** WHAT NEEDS TO BE DONE **
Your response should consist of one number, the count of lines below that contain "ended".

────────────────

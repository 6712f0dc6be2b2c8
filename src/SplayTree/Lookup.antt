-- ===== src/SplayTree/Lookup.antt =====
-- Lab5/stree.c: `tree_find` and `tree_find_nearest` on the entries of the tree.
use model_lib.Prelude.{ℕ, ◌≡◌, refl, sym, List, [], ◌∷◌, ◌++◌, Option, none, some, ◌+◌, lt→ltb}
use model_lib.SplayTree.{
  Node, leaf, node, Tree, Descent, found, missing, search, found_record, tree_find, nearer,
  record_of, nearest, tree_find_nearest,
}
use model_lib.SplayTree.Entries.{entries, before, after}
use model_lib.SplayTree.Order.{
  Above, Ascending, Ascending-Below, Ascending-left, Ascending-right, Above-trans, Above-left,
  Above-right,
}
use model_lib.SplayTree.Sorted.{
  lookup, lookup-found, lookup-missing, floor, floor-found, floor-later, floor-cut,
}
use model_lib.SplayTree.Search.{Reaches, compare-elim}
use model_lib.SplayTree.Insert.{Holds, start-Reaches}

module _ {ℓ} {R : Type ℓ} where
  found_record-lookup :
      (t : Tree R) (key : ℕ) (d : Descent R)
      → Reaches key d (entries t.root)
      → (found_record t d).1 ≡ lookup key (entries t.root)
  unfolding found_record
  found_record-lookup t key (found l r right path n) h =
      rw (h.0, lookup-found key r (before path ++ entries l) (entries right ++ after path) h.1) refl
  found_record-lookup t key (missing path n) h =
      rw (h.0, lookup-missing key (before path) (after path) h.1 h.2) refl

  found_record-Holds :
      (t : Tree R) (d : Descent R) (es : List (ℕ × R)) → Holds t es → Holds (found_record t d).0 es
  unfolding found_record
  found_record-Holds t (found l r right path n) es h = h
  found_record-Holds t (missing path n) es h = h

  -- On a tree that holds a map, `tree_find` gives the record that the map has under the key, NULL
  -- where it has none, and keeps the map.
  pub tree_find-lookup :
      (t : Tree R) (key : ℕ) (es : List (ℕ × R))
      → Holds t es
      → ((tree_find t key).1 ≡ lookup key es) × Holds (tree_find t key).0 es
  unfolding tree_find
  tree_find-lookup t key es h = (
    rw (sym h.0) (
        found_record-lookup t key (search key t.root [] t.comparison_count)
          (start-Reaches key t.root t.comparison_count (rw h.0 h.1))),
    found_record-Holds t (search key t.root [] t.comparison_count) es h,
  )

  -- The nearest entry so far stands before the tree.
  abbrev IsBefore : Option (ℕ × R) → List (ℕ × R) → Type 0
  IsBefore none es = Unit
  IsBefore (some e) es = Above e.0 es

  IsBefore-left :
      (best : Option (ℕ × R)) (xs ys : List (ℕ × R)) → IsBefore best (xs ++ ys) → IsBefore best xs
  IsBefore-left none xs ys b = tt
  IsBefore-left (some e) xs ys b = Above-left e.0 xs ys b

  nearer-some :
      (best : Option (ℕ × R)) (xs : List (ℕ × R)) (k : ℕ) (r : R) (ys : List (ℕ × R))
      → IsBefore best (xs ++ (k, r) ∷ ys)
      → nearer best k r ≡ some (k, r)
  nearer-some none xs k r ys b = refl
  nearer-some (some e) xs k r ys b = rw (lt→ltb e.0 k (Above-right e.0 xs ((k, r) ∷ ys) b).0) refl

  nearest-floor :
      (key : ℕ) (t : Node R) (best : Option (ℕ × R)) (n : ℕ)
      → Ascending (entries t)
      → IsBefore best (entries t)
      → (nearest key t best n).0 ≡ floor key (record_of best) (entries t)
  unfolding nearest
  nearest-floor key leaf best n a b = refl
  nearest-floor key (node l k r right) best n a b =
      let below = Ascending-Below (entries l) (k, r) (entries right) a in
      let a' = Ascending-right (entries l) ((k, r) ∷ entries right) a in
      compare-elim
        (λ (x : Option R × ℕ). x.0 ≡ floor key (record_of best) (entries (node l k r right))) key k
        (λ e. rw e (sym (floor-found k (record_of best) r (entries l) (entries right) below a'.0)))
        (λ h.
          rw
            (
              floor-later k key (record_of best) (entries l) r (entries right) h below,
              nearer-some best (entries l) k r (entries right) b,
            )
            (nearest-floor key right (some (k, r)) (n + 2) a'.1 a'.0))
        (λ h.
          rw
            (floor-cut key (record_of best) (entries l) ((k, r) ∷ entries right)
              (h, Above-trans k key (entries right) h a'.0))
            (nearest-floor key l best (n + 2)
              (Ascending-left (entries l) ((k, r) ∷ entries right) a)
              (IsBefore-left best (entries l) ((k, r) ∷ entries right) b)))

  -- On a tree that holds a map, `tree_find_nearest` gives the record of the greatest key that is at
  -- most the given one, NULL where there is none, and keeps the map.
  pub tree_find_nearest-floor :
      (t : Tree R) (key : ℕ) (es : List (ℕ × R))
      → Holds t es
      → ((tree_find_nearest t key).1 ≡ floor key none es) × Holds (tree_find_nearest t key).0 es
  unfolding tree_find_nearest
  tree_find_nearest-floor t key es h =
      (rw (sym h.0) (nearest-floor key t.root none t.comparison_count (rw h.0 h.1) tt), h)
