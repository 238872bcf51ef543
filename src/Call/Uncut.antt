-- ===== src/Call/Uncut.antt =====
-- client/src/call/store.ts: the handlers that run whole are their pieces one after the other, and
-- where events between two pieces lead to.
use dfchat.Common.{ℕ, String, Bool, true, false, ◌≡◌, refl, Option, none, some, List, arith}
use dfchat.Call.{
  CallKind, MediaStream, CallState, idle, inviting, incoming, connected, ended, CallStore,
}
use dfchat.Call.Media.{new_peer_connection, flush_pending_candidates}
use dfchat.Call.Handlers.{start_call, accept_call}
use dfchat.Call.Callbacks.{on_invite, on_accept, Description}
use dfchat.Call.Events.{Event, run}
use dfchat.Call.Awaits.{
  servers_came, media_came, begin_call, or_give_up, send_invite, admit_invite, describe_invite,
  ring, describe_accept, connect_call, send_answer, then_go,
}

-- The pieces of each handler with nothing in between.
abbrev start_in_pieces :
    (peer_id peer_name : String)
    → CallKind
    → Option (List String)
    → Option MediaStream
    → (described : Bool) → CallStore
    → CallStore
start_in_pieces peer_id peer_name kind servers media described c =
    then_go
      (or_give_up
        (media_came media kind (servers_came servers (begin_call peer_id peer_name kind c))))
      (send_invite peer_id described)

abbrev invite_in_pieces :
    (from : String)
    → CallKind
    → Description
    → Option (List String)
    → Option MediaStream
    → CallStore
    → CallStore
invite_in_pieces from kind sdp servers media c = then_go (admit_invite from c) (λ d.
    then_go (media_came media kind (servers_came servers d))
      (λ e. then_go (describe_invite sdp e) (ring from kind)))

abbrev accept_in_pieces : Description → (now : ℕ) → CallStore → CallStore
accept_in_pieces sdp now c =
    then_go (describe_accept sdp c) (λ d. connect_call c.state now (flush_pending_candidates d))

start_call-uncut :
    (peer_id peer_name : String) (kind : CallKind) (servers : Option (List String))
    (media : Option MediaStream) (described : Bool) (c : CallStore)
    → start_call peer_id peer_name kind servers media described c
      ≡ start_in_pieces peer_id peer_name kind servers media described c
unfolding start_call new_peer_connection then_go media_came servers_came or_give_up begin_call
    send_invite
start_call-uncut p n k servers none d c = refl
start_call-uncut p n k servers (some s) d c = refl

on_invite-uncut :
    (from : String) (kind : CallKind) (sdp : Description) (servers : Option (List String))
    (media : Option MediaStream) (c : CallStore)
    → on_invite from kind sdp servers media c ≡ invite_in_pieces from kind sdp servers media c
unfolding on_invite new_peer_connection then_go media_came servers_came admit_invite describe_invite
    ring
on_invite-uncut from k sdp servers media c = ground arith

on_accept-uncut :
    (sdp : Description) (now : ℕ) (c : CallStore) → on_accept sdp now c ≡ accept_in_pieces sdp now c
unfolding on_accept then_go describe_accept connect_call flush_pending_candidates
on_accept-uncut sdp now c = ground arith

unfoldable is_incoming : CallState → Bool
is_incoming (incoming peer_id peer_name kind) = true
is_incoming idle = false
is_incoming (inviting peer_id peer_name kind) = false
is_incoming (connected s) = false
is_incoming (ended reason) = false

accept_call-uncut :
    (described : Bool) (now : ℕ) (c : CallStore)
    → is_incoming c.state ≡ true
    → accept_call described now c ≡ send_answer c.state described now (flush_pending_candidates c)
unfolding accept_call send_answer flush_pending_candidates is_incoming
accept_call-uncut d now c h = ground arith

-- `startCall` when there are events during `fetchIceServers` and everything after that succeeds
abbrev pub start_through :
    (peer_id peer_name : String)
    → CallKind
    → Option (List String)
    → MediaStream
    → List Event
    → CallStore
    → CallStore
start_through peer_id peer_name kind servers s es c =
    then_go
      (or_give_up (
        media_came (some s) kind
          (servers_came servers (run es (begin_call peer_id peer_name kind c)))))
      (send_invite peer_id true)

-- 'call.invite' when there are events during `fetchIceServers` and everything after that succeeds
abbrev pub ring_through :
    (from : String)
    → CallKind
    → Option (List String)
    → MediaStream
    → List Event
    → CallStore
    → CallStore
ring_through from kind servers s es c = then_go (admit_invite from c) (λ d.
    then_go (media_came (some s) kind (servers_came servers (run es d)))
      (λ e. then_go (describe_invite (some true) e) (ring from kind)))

────────────────

** TASK ANSWER **
2